Audiences and critics are in disagreement here, the audiences we’ve had have loved the show and even if we’ve only had two levels open and have barely filled them we get standing ovations, cheers… all the signals that the audience is having a great time. Hopefully then it’ll be word of mouth and social media that sells the show.

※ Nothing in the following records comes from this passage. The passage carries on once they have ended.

-- ===== src/Coroutine/Invariant.antt =====
-- The state of the library of cpp/cppcoro/01.coroutine_ucontext.cpp between two calls of the
-- scheduler: what every coroutine has printed, and what it has still to do.
use code_study_example.Coroutine.{
  dead, Func, return, print, yields, Coroutine, Scheduler, lookup, create, new_coroutine,
  scheduler_id, new_scheduler, unset, ready,
}
use code_study_example.Coroutine.Segment.{
  emits, segment, after, stop, tag, lookup-insert, stopped, segment-after, Waits, entered,
}
use code_study_example.Shared.{
  ℕ, ◌+◌, ◌≡◌, ◌≢◌, refl, ◌∙◌, List, [], ◌∷◌, ◌++◌, some, none, arith, ◌==◌, if◌then◌else◌,
  append-nil, append_assoc, ◌⊎◌, ◌≤◌, ◌<◌, inr, ℕ_discrete, inl, ◌^◌, subst,
}

-- The lines of one coroutine among all that were printed.
pub lines : ℕ → List (ℕ × ℕ) → List ℕ
lines id [] = []
lines id ((j, n) ∷ out) = let rest = lines id out in if j == id then n ∷ rest else rest

lines-append : (id : ℕ) (xs ys : List (ℕ × ℕ)) → lines id (xs ++ ys) ≡ lines id xs ++ lines id ys
unfolding lines
lines-append id [] ys = refl
lines-append id ((j, n) ∷ xs) ys = ground (arith, lines-append id xs ys)

lines-tag : (id j : ℕ) (ns : List ℕ) → lines j (tag id ns) ≡ (if id == j then ns else [])
unfolding lines
lines-tag id j [] = ground arith
lines-tag id j (n ∷ ns) = ground (arith, lines-tag id j ns)

pub lines-append_tag :
    (id j : ℕ) (ns : List ℕ) (out : List (ℕ × ℕ))
    → lines j (out ++ tag id ns) ≡ (if id == j then lines j out ++ ns else lines j out)
lines-append_tag id j ns out =
    lines-append j out (tag id ns) ∙ ground (arith, lines-tag id j ns, append-nil (lines j out))

-- A coroutine waits with `rest` of its function to run, or is dead; what it has printed and what
-- it will print make up all that its function prints.
abbrev pub Stage : ℕ → Coroutine → Func → Type 0
Stage id c rest = Waits id c rest ⊎ ((c.state ≡ dead) × (rest ≡ return))

abbrev pub Sane : ℕ → Coroutine → List (ℕ × ℕ) → Type 0
Sane id c out =
    (id ≢ scheduler_id)
    × ((rest : Func) × Stage id c rest × (lines id out ++ emits rest ≡ emits c.func))

pub record Inv (s : Scheduler) : Type 0 where
  pub idle : s.running_id ≡ scheduler_id
  pub alloc : s.alloc_id ≢ scheduler_id
  pub fresh : (id : ℕ) → s.alloc_id ≤ id → (lookup id s.coroutines ≡ none) × (lines id s.out ≡ [])
  pub sane : (id : ℕ) (c : Coroutine) → lookup id s.coroutines ≡ some c → Sane id c s.out

stop-Stage : (id : ℕ) (f : Func) (c : Coroutine) → Stage id (stop id f c) (after f)
stop-Stage id return c = inr (refl, refl)
stop-Stage id (print n f) c = stop-Stage id f c
stop-Stage id (yields f) c = inl (inr (refl, refl))

pub stop-func : (id : ℕ) (f : Func) (c : Coroutine) → (stop id f c).func ≡ c.func
stop-func id return c = refl
stop-func id (print n f) c = stop-func id f c
stop-func id (yields f) c = refl

entered-func : (c : Coroutine) → (entered c).func ≡ c.func
entered-func c = ground arith

Sane-eq : (id : ℕ) (out : List (ℕ × ℕ)) (c d : Coroutine) → c ≡ d → Sane id c out → Sane id d out
Sane-eq id out c d e = subst (λ x. Sane id x out) e

stopped-Sane :
    (id : ℕ) (f : Func) (c : Coroutine) (out : List (ℕ × ℕ))
    → id ≢ scheduler_id
    → lines id out ++ emits f ≡ emits c.func
    → Sane id (stop id f (entered c)) (out ++ tag id (segment f))
stopped-Sane id f c out live total = (
  live,
  (
    after f,
    stop-Stage id f (entered c),
    ground (
      arith,
      total,
      lines-append_tag id id (segment f) out,
      append_assoc (lines id out) (segment f) (emits (after f)),
      segment-after f,
      stop-func id f (entered c),
      entered-func c,
    ),
  ),
)

-- What another coroutine prints changes nothing.
other-Sane :
    (id j : ℕ) (c : Coroutine) (ns : List ℕ) (out : List (ℕ × ℕ))
    → id ≢ j
    → Sane j c out
    → Sane j c (out ++ tag id ns)
other-Sane id j c ns out ne (live, (rest, stage, total)) =
    (live, (rest, stage, ground (arith, lines-append_tag id j ns out)))

pub stopped-Inv :
    (id : ℕ) (f : Func) (c : Coroutine) (s : Scheduler)
    → Inv s
    → lookup id s.coroutines ≡ some c
    → lines id s.out ++ emits f ≡ emits c.func
    → Inv (stopped id f (entered c) s)
stopped-Inv id f c s inv found total = record {
  idle = refl;
  alloc = inv.alloc;
  fresh = λ j le. ground (
    arith,
    inv.fresh j le,
    lookup-insert id j (stop id f (entered c)) s.coroutines,
    lines-append_tag id j (segment f) s.out,
  );
  sane = λ j d at. elim (ℕ_discrete id j) [
    | yes e ↦ rw (← e) (
        Sane-eq id (s.out ++ tag id (segment f)) (stop id f (entered c)) d
          (ground (arith, lookup-insert id j (stop id f (entered c)) s.coroutines))
          (stopped-Sane id f c s.out (inv.sane id c found).0 total))
    | no ne ↦
        other-Sane id j d (segment f) s.out ne
          (inv.sane j d (ground (arith, lookup-insert id j (stop id f (entered c)) s.coroutines)))
  ];
}

create-Inv : (f : Func) (s : Scheduler) → Inv s → s.alloc_id + 1 < 2 ^ 32 → Inv (create f s).1
unfolding create new_coroutine
create-Inv f s inv small = record {
  idle = inv.idle;
  alloc = ground (arith, inv.alloc);
  fresh = λ j le.
      ground
        (arith, inv.fresh j, lookup-insert s.alloc_id j (new_coroutine s.alloc_id f) s.coroutines);
  sane = λ j d at. elim (ℕ_discrete s.alloc_id j) [
    | yes e ↦ rw (← e) (
        Sane-eq s.alloc_id s.out (new_coroutine s.alloc_id f) d
          (ground (arith, lookup-insert s.alloc_id j (new_coroutine s.alloc_id f) s.coroutines))
          (inv.alloc, (f, inl (inl (refl, refl)), ground (arith, inv.fresh s.alloc_id))))
    | no ne ↦
        inv.sane j d
          (ground (arith, lookup-insert s.alloc_id j (new_coroutine s.alloc_id f) s.coroutines))
  ];
}

-- `co::create` gives a number that no coroutine has; under it the new coroutine is found, ready to
-- run the function, and the invariant is kept, as long as the counter does not wrap.
pub create_fresh :
    (f : Func) (s : Scheduler)
    → Inv s
    → s.alloc_id + 1 < 2 ^ 32
    → (lookup (create f s).0 s.coroutines ≡ none)
      × (lookup (create f s).0 (create f s).1.coroutines
          ≡ some (record { id = (create f s).0; ctx = unset; func = f; state = ready }))
      × Inv (create f s).1
unfolding create new_coroutine
create_fresh f s inv small = (
  (inv.fresh s.alloc_id (omega arith)).0,
  lookup-insert s.alloc_id s.alloc_id (new_coroutine s.alloc_id f) s.coroutines ∙ ground arith,
  create-Inv f s inv small,
)

pub new_scheduler-Inv : Inv new_scheduler
unfolding lookup lines
new_scheduler-Inv = record {
  idle = refl;
  alloc = λ e. cc;
  fresh = λ id le. (refl, refl);
  sane = λ id c e. cc;
}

I can’t tell you how nice it is to work on a show where everyone in it is a very talented professional. Saturday night the lead, Max (Damian Humbley) fumbled the wine bottle thrown to him by Tito (Michael Matus), dropped it and slipped over in the broken glass cutting his arm pretty badly (he went to A&E after the show) – watching from the spots we could see his shirt sleeve getting redder and he seemed to bleed all over Tito in the bed – he carried on with everything regardless, even directing cast away from the glass/water on stage. Major kudos and he got a well deserved cheer at the end. Saturday night was a bit of a show for things going wrong, in the second act Cassidy Jansen’s (playing Maggie) dress came undone during her number with the in-disguise Max – audience had a good giggle, stage management didn’t know what was going on and I managed to muck up my spot cue in trying to let them know over cans (I don’t have a clip on my belt pack so it was on the spot stand and my spot ‘wanders’ if you don’t keep a tight hold of it). There’s a line in the show that’s something like “from this point forward, there is nothing that could possibly go wrong.” – it got the biggest laugh of the night.

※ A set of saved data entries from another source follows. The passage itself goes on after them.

-- ===== src/SortedSets/Members.antt =====
-- The members of a sorted set and their scores under ZADD.
use burner_redis.Prelude.{
  ℕ, ◌+◌, ◌≡◌, refl, ap, ◌∙◌, Bool, false, not, ◌&&◌, Option, none, some, List, [], ◌∷◌, arith, ite,
  if◌then◌else◌, Option-cases, inl, inr,
}
use burner_redis.Prelude.Key.{bytes_key, bytes_discrete}
use burner_redis.Map
use burner_redis.Map.{Map}
use burner_redis.Map.Laws.{get-insert, len-insert, contains_key-get, count_new, is_some}
use burner_redis.Value.{Bytes, F64, SortedSet}
use burner_redis.Keys.{count_if}
use burner_redis.SortedSets.{f64_le, zset_insert, zadd_loop, zadd_choose}

-- Is the score of a pair written, by the flags and the score that its member has? XX needs one that is
-- there, NX one that is not, GT a score that is not at or below the old one, LT one that is not at or
-- above it; and a score equal to the old one is not written.
abbrev pub is_written : Bool → Bool → Bool → Bool → F64 → Option F64 → Bool
is_written nx xx gt lt score none = not xx
is_written nx xx gt lt score (some old) =
    if nx
    then false
    else if gt && f64_le score old
    then false
    else if lt && f64_le old score
    then false
    else not (f64_le score old && f64_le old score)

-- The score of a member after one pair of ZADD that names it.
abbrev pub settle : Bool → Bool → Bool → Bool → F64 → Option F64 → Option F64
settle nx xx gt lt score o = if is_written nx xx gt lt score o then some score else o

-- How many of the pairs are written, each after the ones before it.
abbrev pub writes : Bool → Bool → Bool → Bool → List (F64 × Bytes) → Map Bytes F64 → ℕ
writes nx xx gt lt [] m = 0
writes nx xx gt lt ((score, k) ∷ rest) m =
    let written = is_written nx xx gt lt score (Map.get k m) in
    count_if written + writes nx xx gt lt rest (if written then Map.insert k score m else m)

-- The score of a member after the pairs of ZADD, in order.
abbrev pub scored : Bool → Bool → Bool → Bool → Bytes → List (F64 × Bytes) → Option F64 → Option F64
scored nx xx gt lt m [] o = o
scored nx xx gt lt m ((score, k) ∷ rest) o =
    scored nx xx gt lt m rest (ite (bytes_discrete k m) (settle nx xx gt lt score o) o)

module _ (score_leb : F64 → F64 → Bool) (k : Bytes) (score : F64) (z : SortedSet) where
  written : SortedSet
  written = (zset_insert score_leb k score z).1

  by_member_written : written.by_member ≡ Map.insert k score z.by_member
  unfolding written zset_insert
  by_member_written = elim (Option-cases (Map.get k z.by_member)) [
    | inl absent ↦ ground (arith, absent)
    | inr (old, present) ↦ ground (arith, present)
  ]

  get-written :
      (m : Bytes)
      → Map.get m written.by_member ≡ ite (bytes_discrete k m) (some score) (Map.get m z.by_member)
  get-written m = ap (Map.get m) by_member_written ∙ get-insert k m score z.by_member

  len-written :
      Map.len written.by_member ≡ Map.len z.by_member + count_new (is_some (Map.get k z.by_member))
  len-written =
      ap Map.len by_member_written
      ∙ len-insert k score z.by_member
      ∙ ap (λ (c : Bool). Map.len z.by_member + count_new c) (contains_key-get k z.by_member)

module _ (score_leb : F64 → F64 → Bool) (nx xx gt lt : Bool) (m : Bytes) where
  -- The loop ends with `r`: `added` has grown as the number of members has, `changed` by the pairs that
  -- are written, and `m` has the score that the pairs leave it.
  abbrev pub Adds : List (F64 × Bytes) → ℕ → ℕ → SortedSet → ℕ × ℕ × SortedSet → Type 0
  Adds members added changed z r =
      (r.0 + Map.len z.by_member ≡ added + Map.len r.2.by_member)
      × (r.1 ≡ changed + writes nx xx gt lt members z.by_member)
      × (Map.get m r.2.by_member ≡ scored nx xx gt lt m members (Map.get m z.by_member))

  chosen :
      (score : F64) (k : Bytes) (members : List (F64 × Bytes)) (added changed : ℕ) (z : SortedSet)
      (skip updated new : ℕ × ℕ × SortedSet) (o : Option F64)
      → Map.get k z.by_member ≡ o
      → Adds members added changed z skip
      → Adds members added (changed + 1) (written score_leb k score z) updated
      → Adds members (added + 1) (changed + 1) (written score_leb k score z) new
      → Adds
          ((score, k) ∷ members)
          added
          changed
          z
          (zadd_choose nx xx gt lt score skip updated new o)
  chosen score k members added changed z skip updated new none e s u n = elim (bytes_discrete k m) [
    | yes p ↦ ground (
      arith,
      get-written score_leb k score z m,
      len-written score_leb k score z,
      by_member_written score_leb k score z,
      ap (λ (i : Bytes). Map.get i z.by_member) p,
    )
    | no p ↦ ground (
      arith,
      get-written score_leb k score z m,
      len-written score_leb k score z,
      by_member_written score_leb k score z,
    )
  ]
  chosen score k members added changed z skip updated new (some old) e s u n =
      elim (bytes_discrete k m) [
        | yes p ↦ ground (
          arith,
          get-written score_leb k score z m,
          len-written score_leb k score z,
          by_member_written score_leb k score z,
          ap (λ (i : Bytes). Map.get i z.by_member) p,
        )
        | no p ↦ ground (
          arith,
          get-written score_leb k score z m,
          len-written score_leb k score z,
          by_member_written score_leb k score z,
        )
      ]

  -- The loop of ZADD, whatever the order of the scores: each member has the score that the pairs
  -- leave it by the flags, in their order, `added` has grown as the number of members has, and
  -- `changed` by the number of pairs that are written.
  pub zadd_loop_lem :
      (members : List (F64 × Bytes)) (added changed : ℕ) (z : SortedSet)
      → Adds members added changed z (zadd_loop score_leb nx xx gt lt members added changed z)
  unfolding zadd_loop written
  zadd_loop_lem [] added changed z = (refl, omega arith, refl)
  zadd_loop_lem ((score, k) ∷ members) added changed z =
      chosen score k members added changed z _ _ _ (Map.get k z.by_member) refl
        (zadd_loop_lem members added changed z)
        (zadd_loop_lem members added (changed + 1) (written score_leb k score z))
        (zadd_loop_lem members (added + 1) (changed + 1) (written score_leb k score z))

Maybe they could use it for a bit of publicity – the cast literally bleed for their art 😛

Play Review: ‘Or You Could Kiss Me’, Cottesole Theatre Wednesday 20th October

‘Or You Could Kiss Me’ sounds very good on paper; Handspring Puppet Company in collaboration with author Neil Bartlett in a unique story of a life-long South African couple’s journey to the end, told with puppets. Unfortunately, it only sounds good on paper and unlike some reviews I’m putting equal blame on Handspring and Neil Bartlett. In the programme Bartlett talks about the initial development, rather than a conventional script this was devised as a vehicle for the puppets – it’s a if someone said “we’ve got these puppets…” ,the National jumped at the chance and Neil Bartlett saw the opportunity to send an entire auditorium of people to sleep in his almost steam of conscious ‘play’ (unlike Beckett, Bartlett doesn’t have the talent to pull this off). Due to the scripts failings, it was hard to appreciate the puppets as there seemed no reason for them to be puppets, it made it difficult to find the emotional as there wasn’t anything to connect with and there were so many people involved in ‘intimate’ moments the intimacy was completely lost.

The play runs for 1hr40, without an interval (probably to stop people leaving at the halfway mark). A thoroughly disappointing production, made more so because it had so much promise.